MARKET REPORT: Imperial Brands takes a hit as cigarette sales plummet

Tobacco giant Imperial Brands has lost some heat on warning that the lifting of lockdown restrictions is affecting cigarette sales.

The owner of Lambert & Butler and Rizla said that while the effects of the pandemic have benefited his cigarette business, it is “starting to shrink” as lockdown rules soften and collapse further the year next.

Imperial also said its cigarette and cigar business was losing market share. Despite this, the company said it was on track to meet its expectations for the full year, with revenues set to grow 1% due to rising tobacco prices.

Crush it: Imperial Brands said that while the effects of the pandemic had benefited its cigarette business, it was “starting to diminish” as lockdown rules eased

The group also reported “significantly reduced losses” in its Next Generation (NGP) products, which include its Pulze heated tobacco and Blu Vapor brands.

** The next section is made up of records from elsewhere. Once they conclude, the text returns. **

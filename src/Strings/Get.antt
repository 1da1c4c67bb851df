-- ===== src/Strings/Get.antt =====
-- `getGenericCommand`, and what it returns after a set.
use libredis_a.Common.{
  ◌+◌, ◌≤◌, ◌≡◌, ◌≢◌, refl, ap, ◌∙◌, Bool, true, false, not, Option, none, some, List, [], ◌∷◌,
  if◌then◌else◌, Bool-cases, inl, inr, ◌==◌, ltb, ==_iff, arith, sym, subst, ℕ,
}
use libredis_a.Common.Int.{ℤ, pos}
use libredis_a.Sds.{Sds, sds_key_compare}
use libredis_a.Sds.Keys.{compare_iff, db_dict_type}
use libredis_a.Util.{string_as_long}
use libredis_a.Util.Canonical.{Prints, IsStrtoll, string_as_long_lem, ll2string_lem}
use libredis_a.Object.{
  Robj, redis_string, encoding_raw, create_string_object, encode, try_object_encoding,
}
use libredis_a.Object.Encoding.{bytes_of}
use libredis_a.Store.{Store}
use libredis_a.Db.{Clocks, Db}
use libredis_a.Db.View.{View, Stands, expired, purged, without}
use libredis_a.Db.Writes.{inserted}
use libredis_a.Db.Reads.{used, answer_of}
use libredis_a.Client.{
  Client, Reply, integer_item, object_item, redis_ok, redis_err, ok_not_exist, err_wrong_type,
  returns, version_of, object_of,
}
use libredis_a.Client.Outcome.{live, seen, Leaves, looked_up_lem}
use libredis_a.Strings.{get_found, get_generic, reply_of, set_generic, set_command}
use libredis_a.Strings.Set.{set_generic_lem, keyed}
use libredis_a.Strings.Storing.{set_time}

purged_clock : {O : Type 0} (t : Clocks) (v : View O) (key : Sds) → (purged t v key).clock ≡ v.clock
purged_clock t v key = elim (Bool-cases (expired t v key)) [ inl e ↦ rw e refl | inr e ↦ rw e refl ]

live_fresh :
    {O : Type 0} (t : Clocks) (w : View O) (key : Sds)
    → expired t w key ≡ false
    → live t w key ≡ w.entries key
live_fresh t w key e = ap (λ (b : Bool). (if b then without w key else w).entries key) e

-- What a client reads in an item: the decimal of an integer, or the characters of a raw string.
abbrev pub Reads : {O : Type 0} → Reply O → List ℕ → Type 0
Reads (integer_item n) s = Prints n s
Reads (object_item o) s = (o.type ≡ redis_string) × (o.encoding ≡ encoding_raw) × (bytes_of o ≡ s)

module _ {O : Type 0} {dicts : Store (Robj O)} {times : Store ℤ} where
  -- What `getGenericCommand` leaves: its return code, whether it returns REDIS_OK, the list, and the view.
  pub record Gets (r : Option (Client dicts times × Bool)) (code : ℤ) (ok : Bool)
      (items : List (Reply O)) (w : View O) : Type 0 where
    pub after : Client dicts times
    pub is : r ≡ some (after, ok)
    pub code_is : after.returncode ≡ code
    pub items_are : after.return_value ≡ items
    pub stands : Stands after.db w

  abbrev pub GetOutcome :
      Clocks
      → Client dicts times
      → View O
      → Option (Client dicts times × Bool)
      → Option (Sds × Robj O)
      → Type 0
  GetOutcome t c v r none = Gets r ok_not_exist true c.return_value (seen t v c.key)
  GetOutcome t c v r (some e) =
      if not ((e.1).type == redis_string)
      then Gets r err_wrong_type false c.return_value (seen t v c.key)
      else Gets r redis_ok true (reply_of ((used t e).1) ∷ []) (seen t v c.key)

  from_lookup :
      (t : Clocks) (c : Client dicts times) (v : View O) (db : Db dicts times)
      (o : Option (Sds × Robj O))
      → Stands db (seen t v c.key)
      → GetOutcome t c v
          (get_found
            (record c { db = db; version = version_of (answer_of t o); returncode = redis_err })
            (object_of (answer_of t o)))
          o
  unfolding get_found
  from_lookup t c v db none s = record {
    after = record c { db = db; version = 0; returncode = ok_not_exist };
    is = refl;
    code_is = refl;
    items_are = refl;
    stands = s;
  }
  from_lookup t c v db (some e) s =
      let c1 = record c { db = db; version = (e.0).version; returncode = redis_err } in
      elim (Bool-cases ((e.1).type == redis_string)) [
        | inl f ↦ rw f (record {
          after = record c1 { return_value = reply_of ((used t e).1) ∷ []; returncode = redis_ok };
          is = refl;
          code_is = refl;
          items_are = refl;
          stands = s;
        })
        | inr f ↦ rw f (record {
          after = returns c1 err_wrong_type;
          is = refl;
          code_is = refl;
          items_are = refl;
          stands = s;
        })
      ]

  pub get_generic_lem :
      (t : Clocks) (c : Client dicts times) (v : View O)
      → Stands c.db v
      → GetOutcome t c v (get_generic t c) (live t v c.key)
  get_generic_lem t c v s =
      let (db, is, stands) = looked_up_lem t (returns c redis_err) v s in
      unfold get_generic in rw (get_generic, is) (from_lookup t c v db (live t v c.key) stands)

  module _ (t : Clocks) (c : Client dicts times) (v : View O) (val : Robj O) where
    abbrev pub stored : View O
    stored = set_time none (pos 0) (inserted (seen t v c.key) (keyed c 0) val) (keyed c 0)

    -- The new entry is found, and has not expired.
    live-stored :
        c.key.logiclock ≢ 0
        → v.clock ≤ c.key.logiclock
        → live t stored c.key ≡ some (keyed c 0, val)
    live-stored real fresh =
        let hit : sds_key_compare c.key (keyed c 0) ≡ true =
          (compare_iff c.key (keyed c 0)).1 refl in
        let back : sds_key_compare (keyed c 0) c.key ≡ true =
          db_dict_type.compare_sym (keyed c 0) c.key ∙ hit in
        let z : (c.key.logiclock == 0) ≡ false = ground arith in
        let l : ltb c.key.logiclock stored.clock ≡ false =
          rw (purged_clock t v c.key) (ground arith) in
        let e : expired t stored c.key ≡ false = rw (hit, back, z, l) refl in
        live_fresh t stored c.key e ∙ rw hit refl

  -- A get that succeeds with one item that reads as `s`, from a database that holds `object`.
  pub record Returns (t : Clocks) (c : Client dicts times) (v : View O)
      (r : Option (Client dicts times × Bool)) (s : List ℕ) : Type 0 where
    pub object : Robj O
    pub item : Reply O
    pub got : Gets r redis_ok true (item ∷ []) (seen t (stored t c v object) c.key)
    pub reads : Reads item s

  set_get_object :
      (strtoll : List ℕ → ℤ × List ℕ) (erange : List ℕ → Bool) (t : Clocks) (c : Client dicts times)
      (v : View O) (val : Robj O) (s : List ℕ)
      → Stands c.db v
      → c.key.logiclock ≢ 0
      → v.clock ≤ c.key.logiclock
      → live t v c.key ≡ none
      → c.expiretime ≡ pos 0
      → val.type ≡ redis_string
      → Reads (reply_of (record val { lru = t.lruclock })) s
      → (a : Client dicts times) × (set_generic strtoll erange t c false val none ≡ some a)
        × Returns t c v (get_generic t (record c { db = a.db })) s
  set_get_object strtoll erange t c v val s stands real fresh missing forever string reads =
      let set : Leaves (set_generic strtoll erange t c false val none) redis_ok (c.dirty + 1)
          (set_time none c.expiretime (inserted (seen t v c.key) (keyed c 0) val) (keyed c 0)) =
        rw missing at ((set_generic_lem t c v stands real false val strtoll erange).0) in
      let after : Stands set.after.db (stored t c v val) =
        subst
          (λ time.
            Stands set.after.db
              (set_time none time (inserted (seen t v c.key) (keyed c 0) val) (keyed c 0)))
          forever set.stands in
      let got = get_generic_lem t (record c { db = set.after.db }) (stored t c v val) after in
      let f : (val.type == redis_string) ≡ true = (==_iff _ _).1 string in
      (
        set.after,
        set.is,
        record {
          object = val;
          item = reply_of (record val { lru = t.lruclock });
          got = rw (live-stored t c v val real fresh, f) at got;
          reads = reads;
        },
      )

  module _ (strtoll : List ℕ → ℤ × List ℕ) (library : IsStrtoll strtoll) (erange : List ℕ → Bool)
      (t : Clocks) (c : Client dicts times) (v : View O) (lru : ℕ) (s : List ℕ)
      (clock ver : ℕ) where
    abbrev string : Robj O
    string = create_string_object lru s clock ver

    encode-Reads :
        (o : Option ℤ)
        → string_as_long strtoll s ≡ o
        → ((encode string o).type ≡ redis_string)
          × Reads (reply_of (record (encode string o) { lru = t.lruclock })) s
    unfolding encode
    encode-Reads none e = (refl, (refl, refl, refl))
    encode-Reads (some n) e =
        let (accepts, agree) = string_as_long_lem strtoll library s in
        let (fits, printed) = (accepts n).0 (sym agree ∙ e) in
        (
          refl,
          (elim ((ll2string_lem 32 n fits (omega arith)).0) [
            | inl p ↦ subst (Prints n) printed p
            | inr h ↦ absurd (omega (arith, h))
          ]),
        )

    -- With a strtoll whose values are long longs and which reads decimal numerals to their end, on
    -- a database that stands for a view without a live entry of the key, for a client that sets no
    -- time and a key whose logical clock is not 0 and not behind the database, setCommand of a
    -- string succeeds, and getGenericCommand then returns one item, which reads as that string: an
    -- integer whose decimal print the string is, or a raw string object with its characters.
    pub set_get :
        (shared : Bool)
        → Stands c.db v
        → c.key.logiclock ≢ 0
        → v.clock ≤ c.key.logiclock
        → live t v c.key ≡ none
        → c.expiretime ≡ pos 0
        → (a : Client dicts times) × (set_command strtoll erange t c shared string ≡ some a)
          × Returns t c v (get_generic t (record c { db = a.db })) s
    unfolding set_command try_object_encoding
    set_get true stands real fresh missing forever =
        set_get_object strtoll erange t c v string s stands real fresh missing forever refl
          (refl, refl, refl)
    set_get false stands real fresh missing forever =
        let (type, reads) = encode-Reads (string_as_long strtoll s) refl in
        set_get_object strtoll erange t c v (encode string (string_as_long strtoll s)) s stands real
          fresh missing forever type reads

Both are considered to be healthier than traditional cigarettes.

NGP is a key element of Imperial’s five-year turnaround strategy defined in January by new CEO Stefan Bomhard.

Plans include an expansion of NGP’s sales in Europe and the United States, as well as increased profitability in the company’s main cigarette markets – the United Kingdom, the United States, Australia, Germany and Spain.

Stock watch – Marshall engine

Auto dealership Marshall Motor stepped up as it raised its profit forecast amid growing demand for used vehicles.

The company said the low supply of new cars due to a shortage of computer chips had pushed up prices for used vehicles.

The company reported that in the third quarter of the year, the value of used cars rose 13 percent on average.

As a result, Marshall said he expects to generate at least £ 50million in profit for 2021, £ 10million more than his previous forecast last month.

Shares jumped 7.7%, or 16p, to 224p.

“Imperial continues its strategy of focusing on quality rather than quantity in terms of its global footprint… with the number of smokers decreasing, the only lever to be leveraged is higher prices.

Having a significant market share and a recognizable brand name is paramount, ”said Laura Hoy, analyst at Hargreaves Lansdown.

“Fuels are still the engine of growth, but NGP is ultimately the future. So far it has received mixed reviews, but management has managed to cut some of the fat by exiting less profitable markets.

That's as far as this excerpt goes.